- Born: 1978 Toronto, Canada
- Education: Brown University; University of Oxford; Sciences Po; INSEAD;
- Known for: The Rumie Initiative

= Tariq Fancy =

Canadian entrepreneur

Tariq Fancy is a Canadian entrepreneur. A former investment banker and private equity professional, he is best known for founding The Rumie Initiative, a non-profit organization that aims to educate children in underserved communities using affordable technology. Tariq was the Chief Investment Officer for Sustainable Investing at BlackRock leaving in late 2019 due to both family obligations and his disillusionment about the real-world social impact of sustainable investing.

Fancy is a speaker on applying social innovation to education and development, including appearances on CNBC and at the United Nations. His financial commentary has appeared regularly in the Financial Post, and his economic research on innovation policy with the C.D. Howe Institute was cited in the Canadian Federal Budget to support policy changes.

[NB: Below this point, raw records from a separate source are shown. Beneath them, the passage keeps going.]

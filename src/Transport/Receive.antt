-- ===== src/Transport/Receive.antt =====
-- The receiving side: `handleCommand` and `handleConn`.
use trebiz.Prelude.{
  ℕ, zero, suc, List, [], ◌∷◌, Option, none, some, Bool, true, false, if◌then◌else◌,
}
use trebiz.Messages.{Bytes, Message, MsgType}
use trebiz.Transport.{Codec, type_of_byte, MsgWithSig}

-- A reader at its end gives `eof` where the type of the next command is read.
pub data CommandError : Type 0 where
  eof undecoded transport_shutdown : CommandError
  unknown_rpc : ℕ → CommandError

-- A command goes to the consumer, and the rest of the stream is left.
pub data Command : Type 0 where
  dispatched : MsgWithSig → Bytes → Command
  failed : CommandError → Command

-- `consumed` says that the `select` found the consumer, and not that the transport was shut down.
abbrev pub dispatch : Bool → Message → Option (Bytes × Bytes) → Command
dispatch consumed msg none = failed undecoded
dispatch consumed msg (some (sig, rest)) =
    if consumed
    then dispatched (record { command = msg; sig = sig }) rest
    else failed transport_shutdown

module _ (c : Codec) (consumed : Bool) where
  abbrev pub decode_command : Option (Message × Bytes) → Command
  decode_command none = failed undecoded
  decode_command (some (msg, rest)) = dispatch consumed msg (c.decode_bytes rest)

  abbrev pub typed_command : Option MsgType → ℕ → Bytes → Command
  typed_command none b rest = failed (unknown_rpc b)
  typed_command (some ty) b rest = decode_command (c.decode_args ty rest)

  unfoldable pub handle_command : Bytes → Command
  handle_command [] = failed eof
  handle_command (b ∷ rest) = typed_command (type_of_byte b) b rest

-- Why the handler of a connection ends.
pub data ConnEnd : Type 0 where
  cancelled flush_failed out_of_fuel : ConnEnd
  command_failed : CommandError → ConnEnd

-- What the network does in each turn of a handler: whether its context is cancelled, whether the consumer takes
-- the command, and whether the flush of the answer fails. Turns are counted down.
pub record Turns : Type 0 where
  pub is_cancelled : ℕ → Bool
  pub is_consumed : ℕ → Bool
  pub is_flushed : ℕ → Bool

abbrev pub flush_then : Bool → List MsgWithSig × ConnEnd → List MsgWithSig × ConnEnd
flush_then true later = later
flush_then false later = ([], flush_failed)

abbrev pub received : MsgWithSig → List MsgWithSig × ConnEnd → List MsgWithSig × ConnEnd
received rpc later = (rpc ∷ later.0, later.1)

module _ (c : Codec) (net : Turns) where
  -- The commands that reach the consumer, in their order, and the end of the connection. The connection is then
  -- closed.
  unfoldable pub handle_conn : ℕ → Bytes → List MsgWithSig × ConnEnd
  handle_conn zero stream = ([], out_of_fuel)
  handle_conn (suc turn) stream =
      if net.is_cancelled turn
      then ([], cancelled)
      else elim (handle_command c (net.is_consumed turn) stream) [
        | failed e ↦ ([], command_failed e)
        | dispatched rpc rest ↦
            received rpc (flush_then (net.is_flushed turn) (handle_conn turn rest))
      ]
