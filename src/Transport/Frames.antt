-- ===== src/Transport/Frames.antt =====
-- What one `SendRPC` puts on the wire.
use trebiz.Prelude.{
  ℕ, ◌≡◌, ◌∙◌, refl, ap, sym, [], ◌∷◌, ◌++◌, Option, none, some, Bool, true, false,
}
use trebiz.Messages.{Bytes, Message, MsgType}
use trebiz.Transport.{Codec, byte_of}
use trebiz.Transport.Send.{
  NetConn, Faults, send_sig, send_args, write, flush, write_step, flush_step, send_rpc,
}

-- A transmission: the type, the arguments and the signature.
pub record IsFrame (c : Codec) (ty : MsgType) (msg : Message) (sig frame : Bytes) : Type 0 where
  pub args : Bytes
  pub sig_bytes : Bytes
  pub args_eq : c.encode_args msg ≡ some args
  pub sig_eq : c.encode_bytes sig ≡ some sig_bytes
  pub frame_eq : frame ≡ byte_of ty ∷ (args ++ sig_bytes)

-- A step that succeeds.
write-succeeds :
    (fails : Bool) (o : Option Bytes) (conn : NetConn) (next : NetConn → NetConn × Bool)
    (end : NetConn)
    → write_step fails o conn next ≡ (end, false)
    → (b : Bytes) × (o ≡ some b) × (next (write b conn) ≡ (end, false))
write-succeeds fails none conn next end h = absurd cc
write-succeeds true (some b) conn next end h = absurd cc
write-succeeds false (some b) conn next end h = (b, refl, h)

flush-succeeds :
    (fails : Bool) (conn end : NetConn) → flush_step fails conn ≡ (end, false) → flush conn ≡ end
flush-succeeds true conn end h = absurd cc
flush-succeeds false conn end h = cc

assembled :
    (buffer b args sig : Bytes) (t : ℕ)
    → buffer ≡ []
    → b ≡ t ∷ []
    → buffer ++ b ++ args ++ sig ≡ t ∷ (args ++ sig)
assembled buffer b args sig t empty one = rw (empty, one)

pub sent-IsFrame :
    (c : Codec) (faults : Faults) (conn end : NetConn) (ty : MsgType) (msg : Message) (sig : Bytes)
    → conn.buffer ≡ []
    → send_rpc c faults conn ty msg sig ≡ (end, false)
    → (frame : Bytes) × IsFrame c ty msg sig frame
      × (end.wire ≡ conn.wire ++ frame)
      × (end.buffer ≡ [])
unfolding send_rpc
sent-IsFrame c faults conn end ty msg sig empty h =
    let (b, b_eq, typed) =
      write-succeeds faults.at_type (some (byte_of ty ∷ [])) conn (send_args c faults msg sig) end
        h in
    let (args, args_eq, filled) =
      write-succeeds faults.at_args (c.encode_args msg) (write b conn) (send_sig c faults sig) end
        typed in
    let (sig_bytes, sig_eq, signed) =
      write-succeeds faults.at_sig (c.encode_bytes sig) (write args (write b conn))
        (flush_step faults.at_flush) end filled in
    let same : flush (write sig_bytes (write args (write b conn))) ≡ end =
      flush-succeeds faults.at_flush _ end signed in
    (
      byte_of ty ∷ (args ++ sig_bytes),
      record {
        args = args;
        sig_bytes = sig_bytes;
        args_eq = args_eq;
        sig_eq = sig_eq;
        frame_eq = refl;
      },
      sym (ap (λ (x : NetConn). x.wire) same)
          ∙ ap (λ x. conn.wire ++ x)
              (assembled conn.buffer b args sig_bytes (byte_of ty) empty (cc)),
      ap (λ (x : NetConn). x.buffer) (sym same),
    )

write_step-closed :
    (fails : Bool) (o : Option Bytes) (conn : NetConn) (next : NetConn → NetConn × Bool)
    → ((b : Bytes) → (next (write b conn)).0.is_closed ≡ (next (write b conn)).1)
    → (write_step fails o conn next).0.is_closed ≡ (write_step fails o conn next).1
write_step-closed fails none conn next h = refl
write_step-closed true (some b) conn next h = refl
write_step-closed false (some b) conn next h = h b

flush_step-closed :
    (fails : Bool) (conn : NetConn)
    → conn.is_closed ≡ false
    → (flush_step fails conn).0.is_closed ≡ (flush_step fails conn).1
flush_step-closed true conn h = refl
flush_step-closed false conn h = h

-- Whichever write of a transmission fails, the connection is released; and a transmission without an error leaves
-- an open connection open.
pub send_rpc-closed :
    (c : Codec) (faults : Faults) (conn : NetConn) (ty : MsgType) (msg : Message) (sig : Bytes)
    → conn.is_closed ≡ false
    → (send_rpc c faults conn ty msg sig).0.is_closed ≡ (send_rpc c faults conn ty msg sig).1
unfolding send_rpc
send_rpc-closed c faults conn ty msg sig open_conn =
    write_step-closed faults.at_type (some (byte_of ty ∷ [])) conn (send_args c faults msg sig) λ b.
      write_step-closed faults.at_args (c.encode_args msg) (write b conn) (send_sig c faults sig)
        λ args.
          write_step-closed faults.at_sig (c.encode_bytes sig) (write args (write b conn))
            (flush_step faults.at_flush)
            λ s. flush_step-closed faults.at_flush (write s (write args (write b conn))) open_conn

Fancy's work on the Rumie Initiative has received widespread coverage in the mainstream media, including CNBC, The Toronto Star, CBC, Quartz, and Forbes. Both INSEAD and the Harvard Business School have published case studies or profiles on Fancy's work with the Rumie Initiative. In 2017, he was selected to Canada's 40 Under 40.

== In recent news ==
Tariq Fancy, former BlackRock CIO of sustainable investing, wrote an op-ed stating that "the financial services industry is duping the American public with pro-environment, sustainable investing practices." Stating there is no evidence ESG investing has any social impact via a CNBC Exclusive In the USA Today article 'Financial world greenwashing the public with deadly distraction in sustainable investing practices' he claims "Wall Street is greenwashing the financial world, making sustainable investing merely PR, which is a distraction from the problem of climate change." He subsequently wrote a longer, three-piece article, published by Medium, elaborating and substantiating further the points he sketched in his op-ed and providing details of the interactions he had while he worked at Blackrock with different parties in the sustainable investment world.